Of the records that follow, copy only the lines from the line containing "(run_of built) st).task_graphs" to the line containing "(built : TaskGraph) (s : Runtime)", both included, exactly as written.

[DATASET EXTRACT — start]

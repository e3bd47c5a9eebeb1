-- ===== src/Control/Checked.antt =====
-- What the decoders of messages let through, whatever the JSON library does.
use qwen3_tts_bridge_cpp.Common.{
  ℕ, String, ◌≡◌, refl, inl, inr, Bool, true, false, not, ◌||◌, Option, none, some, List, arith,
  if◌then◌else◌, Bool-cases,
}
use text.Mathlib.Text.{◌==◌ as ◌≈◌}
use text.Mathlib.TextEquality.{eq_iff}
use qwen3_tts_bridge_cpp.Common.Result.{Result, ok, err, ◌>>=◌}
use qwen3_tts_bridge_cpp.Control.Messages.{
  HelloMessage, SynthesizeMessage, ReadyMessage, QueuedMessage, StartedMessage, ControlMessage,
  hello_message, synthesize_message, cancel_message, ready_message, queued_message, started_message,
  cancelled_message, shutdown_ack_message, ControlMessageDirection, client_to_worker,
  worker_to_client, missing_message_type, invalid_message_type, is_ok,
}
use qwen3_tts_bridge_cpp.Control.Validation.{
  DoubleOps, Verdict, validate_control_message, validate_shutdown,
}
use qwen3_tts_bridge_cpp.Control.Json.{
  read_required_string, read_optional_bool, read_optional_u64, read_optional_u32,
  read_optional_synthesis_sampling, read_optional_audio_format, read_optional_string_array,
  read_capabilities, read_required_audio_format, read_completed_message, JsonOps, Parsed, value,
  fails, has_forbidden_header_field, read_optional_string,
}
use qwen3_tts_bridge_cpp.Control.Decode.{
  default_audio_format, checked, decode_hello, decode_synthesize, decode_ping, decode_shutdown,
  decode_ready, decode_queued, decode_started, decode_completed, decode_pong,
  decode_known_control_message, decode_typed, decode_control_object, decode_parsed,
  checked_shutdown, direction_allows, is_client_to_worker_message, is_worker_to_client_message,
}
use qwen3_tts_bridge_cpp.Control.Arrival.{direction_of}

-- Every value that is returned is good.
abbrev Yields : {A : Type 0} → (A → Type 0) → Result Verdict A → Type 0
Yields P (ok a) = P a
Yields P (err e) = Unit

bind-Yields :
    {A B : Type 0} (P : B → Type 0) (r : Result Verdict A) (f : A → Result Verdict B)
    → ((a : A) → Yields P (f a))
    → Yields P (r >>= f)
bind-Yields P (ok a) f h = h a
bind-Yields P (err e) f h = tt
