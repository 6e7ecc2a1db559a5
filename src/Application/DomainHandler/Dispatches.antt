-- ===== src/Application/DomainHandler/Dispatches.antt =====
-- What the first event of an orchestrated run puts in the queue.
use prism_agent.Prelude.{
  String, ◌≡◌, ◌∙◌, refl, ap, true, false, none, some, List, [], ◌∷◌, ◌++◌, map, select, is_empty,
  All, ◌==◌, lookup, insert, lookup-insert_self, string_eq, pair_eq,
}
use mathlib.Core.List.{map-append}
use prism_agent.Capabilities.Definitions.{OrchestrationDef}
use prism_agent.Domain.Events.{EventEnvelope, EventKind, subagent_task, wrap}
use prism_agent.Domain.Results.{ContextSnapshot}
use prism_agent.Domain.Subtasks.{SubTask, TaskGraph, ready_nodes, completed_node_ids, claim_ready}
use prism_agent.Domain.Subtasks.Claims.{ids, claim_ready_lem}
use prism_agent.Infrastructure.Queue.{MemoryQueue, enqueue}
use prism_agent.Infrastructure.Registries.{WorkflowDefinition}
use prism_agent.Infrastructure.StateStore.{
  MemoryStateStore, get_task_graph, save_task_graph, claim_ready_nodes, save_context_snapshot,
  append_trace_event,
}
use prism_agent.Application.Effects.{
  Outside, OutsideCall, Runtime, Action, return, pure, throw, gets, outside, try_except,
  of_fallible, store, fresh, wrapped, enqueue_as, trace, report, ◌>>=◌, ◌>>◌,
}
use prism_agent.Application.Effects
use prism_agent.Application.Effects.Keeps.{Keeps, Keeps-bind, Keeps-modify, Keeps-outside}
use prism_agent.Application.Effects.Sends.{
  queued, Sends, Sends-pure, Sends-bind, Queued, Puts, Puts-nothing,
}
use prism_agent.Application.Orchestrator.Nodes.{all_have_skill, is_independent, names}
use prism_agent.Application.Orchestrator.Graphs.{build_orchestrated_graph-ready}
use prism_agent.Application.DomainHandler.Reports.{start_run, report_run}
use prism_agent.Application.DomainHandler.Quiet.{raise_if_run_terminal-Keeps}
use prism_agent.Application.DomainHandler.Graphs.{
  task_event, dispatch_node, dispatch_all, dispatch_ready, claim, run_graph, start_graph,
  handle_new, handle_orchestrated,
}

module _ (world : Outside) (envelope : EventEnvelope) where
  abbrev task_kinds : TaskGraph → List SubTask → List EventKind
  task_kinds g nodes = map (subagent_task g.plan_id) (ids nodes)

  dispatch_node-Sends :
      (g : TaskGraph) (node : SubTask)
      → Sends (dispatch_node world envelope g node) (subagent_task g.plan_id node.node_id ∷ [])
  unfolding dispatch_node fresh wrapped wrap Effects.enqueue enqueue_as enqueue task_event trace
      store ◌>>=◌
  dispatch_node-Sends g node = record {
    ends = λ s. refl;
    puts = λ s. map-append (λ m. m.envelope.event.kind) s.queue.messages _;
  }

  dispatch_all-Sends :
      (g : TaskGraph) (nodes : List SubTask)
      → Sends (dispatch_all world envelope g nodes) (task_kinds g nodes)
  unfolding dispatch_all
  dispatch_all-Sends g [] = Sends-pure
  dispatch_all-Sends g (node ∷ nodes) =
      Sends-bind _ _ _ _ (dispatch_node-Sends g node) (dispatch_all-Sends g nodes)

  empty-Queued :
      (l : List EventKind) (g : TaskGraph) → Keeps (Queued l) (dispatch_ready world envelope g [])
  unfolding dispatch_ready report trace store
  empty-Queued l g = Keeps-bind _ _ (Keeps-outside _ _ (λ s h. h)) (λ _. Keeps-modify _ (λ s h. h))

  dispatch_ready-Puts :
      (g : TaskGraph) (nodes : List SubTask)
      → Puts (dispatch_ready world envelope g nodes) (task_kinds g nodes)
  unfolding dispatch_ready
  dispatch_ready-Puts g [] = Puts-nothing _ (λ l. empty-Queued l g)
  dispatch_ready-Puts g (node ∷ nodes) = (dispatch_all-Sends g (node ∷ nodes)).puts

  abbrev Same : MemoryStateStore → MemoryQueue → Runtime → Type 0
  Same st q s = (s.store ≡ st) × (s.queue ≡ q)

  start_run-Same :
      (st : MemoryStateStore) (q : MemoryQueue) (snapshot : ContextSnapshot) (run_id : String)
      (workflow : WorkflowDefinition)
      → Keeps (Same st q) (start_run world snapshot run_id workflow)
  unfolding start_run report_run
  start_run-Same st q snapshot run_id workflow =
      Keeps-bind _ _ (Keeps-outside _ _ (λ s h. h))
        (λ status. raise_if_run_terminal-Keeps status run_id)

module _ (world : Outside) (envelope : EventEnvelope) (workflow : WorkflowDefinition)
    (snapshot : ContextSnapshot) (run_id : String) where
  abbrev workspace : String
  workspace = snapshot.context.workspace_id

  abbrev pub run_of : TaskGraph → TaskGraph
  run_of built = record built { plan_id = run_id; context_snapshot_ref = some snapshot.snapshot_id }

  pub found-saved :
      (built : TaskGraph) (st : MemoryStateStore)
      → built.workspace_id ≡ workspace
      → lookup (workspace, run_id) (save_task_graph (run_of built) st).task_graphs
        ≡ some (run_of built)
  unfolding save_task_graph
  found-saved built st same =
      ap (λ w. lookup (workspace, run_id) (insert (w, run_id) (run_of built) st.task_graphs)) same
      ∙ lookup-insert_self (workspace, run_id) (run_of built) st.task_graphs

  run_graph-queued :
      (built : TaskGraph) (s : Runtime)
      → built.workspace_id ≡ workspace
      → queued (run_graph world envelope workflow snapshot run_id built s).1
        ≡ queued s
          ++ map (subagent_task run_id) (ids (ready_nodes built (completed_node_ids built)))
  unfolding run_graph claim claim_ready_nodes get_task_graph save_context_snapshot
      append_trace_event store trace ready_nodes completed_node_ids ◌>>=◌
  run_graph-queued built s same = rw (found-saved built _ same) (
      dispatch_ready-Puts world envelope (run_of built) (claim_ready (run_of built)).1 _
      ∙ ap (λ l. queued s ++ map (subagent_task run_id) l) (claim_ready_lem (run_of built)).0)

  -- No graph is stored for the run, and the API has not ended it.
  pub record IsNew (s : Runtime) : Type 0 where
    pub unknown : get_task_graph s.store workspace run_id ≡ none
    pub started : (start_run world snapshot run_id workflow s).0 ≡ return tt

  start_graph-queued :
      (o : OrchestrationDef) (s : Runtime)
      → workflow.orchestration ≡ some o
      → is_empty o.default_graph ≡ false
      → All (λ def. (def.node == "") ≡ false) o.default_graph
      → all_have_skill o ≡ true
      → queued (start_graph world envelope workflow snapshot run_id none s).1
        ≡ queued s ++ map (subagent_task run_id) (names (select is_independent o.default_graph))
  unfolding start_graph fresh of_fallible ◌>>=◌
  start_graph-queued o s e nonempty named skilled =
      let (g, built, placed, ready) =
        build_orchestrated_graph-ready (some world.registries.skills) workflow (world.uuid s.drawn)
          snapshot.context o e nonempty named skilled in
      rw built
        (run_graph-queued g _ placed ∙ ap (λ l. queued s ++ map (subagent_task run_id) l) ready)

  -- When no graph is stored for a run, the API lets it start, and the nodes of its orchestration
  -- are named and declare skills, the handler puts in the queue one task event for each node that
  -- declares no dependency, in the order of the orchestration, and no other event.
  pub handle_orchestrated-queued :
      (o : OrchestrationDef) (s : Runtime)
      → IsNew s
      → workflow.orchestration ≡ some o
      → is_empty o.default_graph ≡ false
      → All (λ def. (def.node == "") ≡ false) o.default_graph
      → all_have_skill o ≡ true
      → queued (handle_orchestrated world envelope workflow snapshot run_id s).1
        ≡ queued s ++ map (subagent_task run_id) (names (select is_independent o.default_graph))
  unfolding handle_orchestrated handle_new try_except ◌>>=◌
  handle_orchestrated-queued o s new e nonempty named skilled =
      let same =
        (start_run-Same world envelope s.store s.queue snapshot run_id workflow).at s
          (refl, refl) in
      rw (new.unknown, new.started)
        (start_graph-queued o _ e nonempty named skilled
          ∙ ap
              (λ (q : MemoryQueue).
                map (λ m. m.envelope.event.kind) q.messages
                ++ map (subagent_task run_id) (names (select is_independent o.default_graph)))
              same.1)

[DATASET EXTRACT — finish]

• PROBLEM SOLUTION:
      → lookup (workspace, run_id) (save_task_graph (run_of built) st).task_graphs
        ≡ some (run_of built)
  unfolding save_task_graph
  found-saved built st same =
      ap (λ w. lookup (workspace, run_id) (insert (w, run_id) (run_of built) st.task_graphs)) same
      ∙ lookup-insert_self (workspace, run_id) (run_of built) st.task_graphs

  run_graph-queued :
      (built : TaskGraph) (s : Runtime)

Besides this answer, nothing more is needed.